Dynamic Modeling of Hand-Object Interactions via Tactile Sensing
- URL: http://arxiv.org/abs/2109.04378v1
- Date: Thu, 9 Sep 2021 16:04:14 GMT
- Title: Dynamic Modeling of Hand-Object Interactions via Tactile Sensing
- Authors: Qiang Zhang, Yunzhu Li, Yiyue Luo, Wan Shou, Michael Foshey, Junchi
Yan, Joshua B. Tenenbaum, Wojciech Matusik, Antonio Torralba
- Abstract summary: In this work, we employ a high-resolution tactile glove to perform four different interactive activities on a diversified set of objects.
We build our model on a cross-modal learning framework and generate the labels using a visual processing pipeline to supervise the tactile model.
This work takes a step on dynamics modeling in hand-object interactions from dense tactile sensing.

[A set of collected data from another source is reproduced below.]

-- ===== src/Manager/Invariant.antt =====
-- The invariant of the session manager, kept by every operation that is not interrupted.
use mcp_proxy.Prelude.Maps.{
  erase-Distinct, erase_absent, insert-Distinct, length-erase_le, length-erase_present,
  lookup-erase, lookup-insert,
}
use mcp_proxy.Prelude.{
  Bool-cases, Distinct, Option, Option-cases, String, [], ap, arith, eq_iff, erase, false,
  get_elem?, get_elem?-append_left, get_elem?-append_length, get_elem?-set_ne, get_elem?-set_self,
  inl, inr, insert, length, lookup, none, refl, some, suc, ℕ, ◌++◌, ◌==◌, ◌∙◌, ◌∷◌, ◌≡◌, ◌≢◌, ◌≤◌,
}
use mcp_proxy.Prelude.Int.{int_laws, leb_ℤ, pos, pos_part, ℤ, ◌+ℤ◌, ◌-ℤ◌}
use native.Mathlib.Decide.{ℕ_discrete}
use mcp_proxy.Session.{Session, close, is_closed, new_session}
use mcp_proxy.Manager.{
  Manager, ManagerConfig, create, delete, deref, drop_entry, get, get_object, modify, new_manager,
  session_id,
}

pub record IsValid (m : Manager) : Type 0 where
  -- the map has one entry for a key
  pub distinct : Distinct m.sessions
  -- the counter is the number of entries
  pub counted : m.active_count ≡ pos (length m.sessions)
  pub within : length m.sessions ≤ pos_part m.max_sessions
  -- an entry points at a session object that carries its key
  pub stored :
      (k : String) (a : ℕ)
      → lookup k m.sessions ≡ some a
      → (s : Session) × (deref m a ≡ some s) × (s.id ≡ k)

pub new_manager-IsValid : (cfg : ManagerConfig) → IsValid (new_manager cfg)
unfolding new_manager lookup
new_manager-IsValid cfg = record {
  distinct = tt;
  counted = refl;
  within = omega arith;
  stored = λ k a h. cc;
}

-- A write that keeps the `id` of the object written to keeps every object's.
abbrev pub KeepsId : (Session → Session) → Type 0
KeepsId f = (s : Session) → (f s).id ≡ s.id

pub close-KeepsId : KeepsId close
unfolding close
close-KeepsId s = ground arith

module _ (f : Session → Session) (keep : KeepsId f) (m : Manager) where
  pub deref-modify_id :
      (a b : ℕ) (s : Session)
      → deref m b ≡ some s
      → (s' : Session) × (deref (modify a f m) b ≡ some s') × (s'.id ≡ s.id)
  unfolding modify
  deref-modify_id a b s h = elim (Option-cases (get_elem? m.heap a)) [
    | inl e ↦ (s, rw (e, modify) h, refl)
    | inr (t, e) ↦ elim (ℕ_discrete a b) [
      | yes p ↦ (
        f t,
        rw (e, modify, ← p) (get_elem?-set_self m.heap a (f t) t e),
        (let q : t ≡ s = cc in keep t ∙ ap (λ (x : Session). x.id) q),
      )
      | no p ↦ (s, rw (e, modify) (get_elem?-set_ne m.heap (f t) p ∙ h), refl)
    ]
  ]

  pub sessions-modify : (a : ℕ) → (modify a f m).sessions ≡ m.sessions
  unfolding modify
  sessions-modify a = ground arith

pub deref-modify_self :
    (f : Session → Session) (m : Manager) (a : ℕ) (s : Session)
    → deref m a ≡ some s
    → deref (modify a f m) a ≡ some (f s)
unfolding modify
deref-modify_self f m a s h = rw (h, modify) (get_elem?-set_self m.heap a (f s) s h)

pub deref-modify_ne :
    (f : Session → Session) (m : Manager) (a b : ℕ) → a ≢ b → deref (modify a f m) b ≡ deref m b
unfolding modify
deref-modify_ne f m a b ne = elim (Option-cases (get_elem? m.heap a)) [
  | inl e ↦ rw (e, modify)
  | inr (t, e) ↦ rw (e, modify) (get_elem?-set_ne m.heap (f t) ne)
]

-- Taking out an entry that is there, and counting down, keeps the invariant.
pub drop-IsValid :
    (key : String) (a : ℕ) (m : Manager)
    → IsValid m
    → lookup key m.sessions ≡ some a
    → IsValid (drop_entry key m)
unfolding lookup drop_entry
drop-IsValid key a m v here = record {
  distinct = erase-Distinct key m.sessions v.distinct;
  counted = rw v.counted (count_down (length-erase_present key a m.sessions v.distinct here));
  within = omega (arith, v.within, length-erase_le key m.sessions);
  stored = λ k b h. v.stored k b (ground (arith, lookup-erase key k m.sessions));
}
  where
    count_down : {n k : ℕ} → suc n ≡ k → pos k -ℤ pos 1 ≡ pos n
    count_down e = omega (int_laws, e)

pub active-modify :
    (f : Session → Session) (m : Manager) (a : ℕ) → (modify a f m).active_count ≡ m.active_count
unfolding modify
active-modify f m a = ground arith

modify_counts :
    (f : Session → Session) (m : Manager) (a : ℕ)
    → (m.active_count ≡ pos (length m.sessions)
        → (modify a f m).active_count ≡ pos (length (modify a f m).sessions))
      × (length m.sessions ≤ pos_part m.max_sessions
          → length (modify a f m).sessions ≤ pos_part (modify a f m).max_sessions)
unfolding modify
modify_counts f m a = elim (Option-cases (get_elem? m.heap a)) [
  | inl e ↦ rw (e, modify) (λ h. h, λ h. h)
  | inr (t, e) ↦ rw (e, modify) (λ h. h, λ h. h)
]

pub modify-IsValid :
    (f : Session → Session) (a : ℕ) (m : Manager) → KeepsId f → IsValid m → IsValid (modify a f m)
modify-IsValid f a m keep v = record {
  distinct = rw (sessions-modify f keep m a) v.distinct;
  counted = (modify_counts f m a).0 v.counted;
  within = (modify_counts f m a).1 v.within;
  stored = λ k b h.
      let (s, at_b, named) = v.stored k b (rw (sessions-modify f keep m a) at h) in
      let (s', at_b', same) = deref-modify_id f keep m a b s at_b in (s', at_b', same ∙ named);
}

-- The same with the session closed first.
pub drop_closed-IsValid :
    (key : String) (a : ℕ) (m : Manager)
    → IsValid m
    → lookup key m.sessions ≡ some a
    → IsValid (drop_entry key (modify a close m))
drop_closed-IsValid key a m v here =
    drop-IsValid key a (modify a close m) (modify-IsValid close a m close-KeepsId v)
      (rw (sessions-modify close close-KeepsId m a) here)

pub delete-missing : (id : String) (m : Manager) → lookup id m.sessions ≡ none → delete id m ≡ m
unfolding delete
delete-missing id m h = rw (h, delete)

-- Unlinking before closing comes to the same manager.
pub delete-found :
    (id : String) (a : ℕ) (m : Manager)
    → lookup id m.sessions ≡ some a
    → delete id m ≡ drop_entry id (modify a close m)
unfolding delete drop_entry
delete-found id a m h = ground arith

-- The library draws no UUID twice.
abbrev pub IsFresh : String → Manager → Type 0
IsFresh uuid m = lookup (session_id uuid) m.sessions ≡ none

stored_created :
    (uuid : String) (now : ℕ) (m : Manager)
    → IsValid m
    → (k : String) (a : ℕ) → lookup k (insert (session_id uuid) (length m.heap) m.sessions) ≡ some a
    → (s : Session) × (get_elem? (m.heap ++ new_session (session_id uuid) now ∷ []) a ≡ some s)
      × (s.id ≡ k)
unfolding new_session
stored_created uuid now m v k a h = elim (Bool-cases (session_id uuid == k)) [
  | inl e ↦
      let at_end : length m.heap ≡ a =
        ground (arith, lookup-insert (session_id uuid) k (length m.heap) m.sessions) in
      (
        new_session (session_id uuid) now,
        rw (← at_end) (get_elem?-append_length m.heap [] (new_session (session_id uuid) now)),
        (eq_iff (session_id uuid) k).0 e,
      )
  | inr e ↦
      let old : lookup k m.sessions ≡ some a =
        ground (arith, lookup-insert (session_id uuid) k (length m.heap) m.sessions) in
      let (s, here, named) = v.stored k a old in
      (s, get_elem?-append_left m.heap (new_session (session_id uuid) now ∷ []) a s here, named)
]

count_up :
    (c top : ℤ) (n : ℕ)
    → leb_ℤ top c ≡ false
    → c ≡ pos n
    → (c +ℤ pos 1 ≡ pos (suc n)) × (suc n ≤ pos_part top)
unfolding ◌+ℤ◌
count_up c top n room e = ground arith

pub create-IsValid :
    (uuid : String) (now : ℕ) (m : Manager)
    → IsFresh uuid m
    → IsValid m
    → IsValid (create uuid now m).0
unfolding create insert
create-IsValid uuid now m fresh v = elim (Bool-cases (leb_ℤ m.max_sessions m.active_count)) [
  | inl e ↦ rw e v
  | inr e ↦
      let counts = count_up m.active_count m.max_sessions (length m.sessions) e v.counted in
      rw e (record {
        distinct = insert-Distinct (session_id uuid) (length m.heap) m.sessions v.distinct;
        counted = rw (erase_absent (session_id uuid) m.sessions fresh) counts.0;
        within = rw (erase_absent (session_id uuid) m.sessions fresh) counts.1;
        stored = stored_created uuid now m v;
      })
]

pub delete-IsValid : (id : String) (m : Manager) → IsValid m → IsValid (delete id m)
delete-IsValid id m v = elim (Option-cases (lookup id m.sessions)) [
  | inl e ↦ rw (delete-missing id m e) v
  | inr (a, e) ↦ rw (delete-found id a m e) (drop_closed-IsValid id a m v e)
]

-- A deletion closes the session and takes the entry and one count away.
pub delete_parts :
    (id : String) (a : ℕ) (s : Session) (m : Manager)
    → lookup id m.sessions ≡ some a
    → deref m a ≡ some s
    → ((delete id m).sessions ≡ erase id m.sessions)
      × ((delete id m).active_count ≡ m.active_count -ℤ pos 1)
      × (deref (delete id m) a ≡ some (close s))
unfolding drop_entry
delete_parts id a s m here at = rw (delete-found id a m here) (
  ap (erase id) (sessions-modify close close-KeepsId m a),
  ap (λ c. c -ℤ pos 1) (active-modify close m a),
  deref-modify_self close m a s at,
)

get_object-IsValid :
    (id : String) (a : ℕ) (o : Option Session) (m : Manager)
    → IsValid m
    → IsValid (get_object id a o m).0
unfolding get_object
get_object-IsValid id a none m v = v
get_object-IsValid id a (some s) m v = elim (Bool-cases (is_closed s)) [
  | inl e ↦ rw e (delete-IsValid id m v)
  | inr e ↦ rw e v
]

pub get-IsValid : (id : String) (m : Manager) → IsValid m → IsValid (get id m).0
unfolding get
get-IsValid id m v = elim (Option-cases (lookup id m.sessions)) [
  | inl e ↦ rw (e, get) v
  | inr (a, e) ↦ rw (e, get) (get_object-IsValid id a (deref m a) m v)
]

- Score: 133.52375730875696
- License: http://arxiv.org/licenses/nonexclusive-distrib/1.0/
- Abstract: Tactile sensing is critical for humans to perform everyday tasks. While
significant progress has been made in analyzing object grasping from vision, it
remains unclear how we can utilize tactile sensing to reason about and model
the dynamics of hand-object interactions. In this work, we employ a
high-resolution tactile glove to perform four different interactive activities
on a diversified set of objects. We build our model on a cross-modal learning
framework and generate the labels using a visual processing pipeline to
supervise the tactile model, which can then be used on its own during the test
time. The tactile model aims to predict the 3d locations of both the hand and
the object purely from the touch data by combining a predictive model and a
contrastive learning module. This framework can reason about the interaction
patterns from the tactile data, hallucinate the changes in the environment,
estimate the uncertainty of the prediction, and generalize to unseen objects.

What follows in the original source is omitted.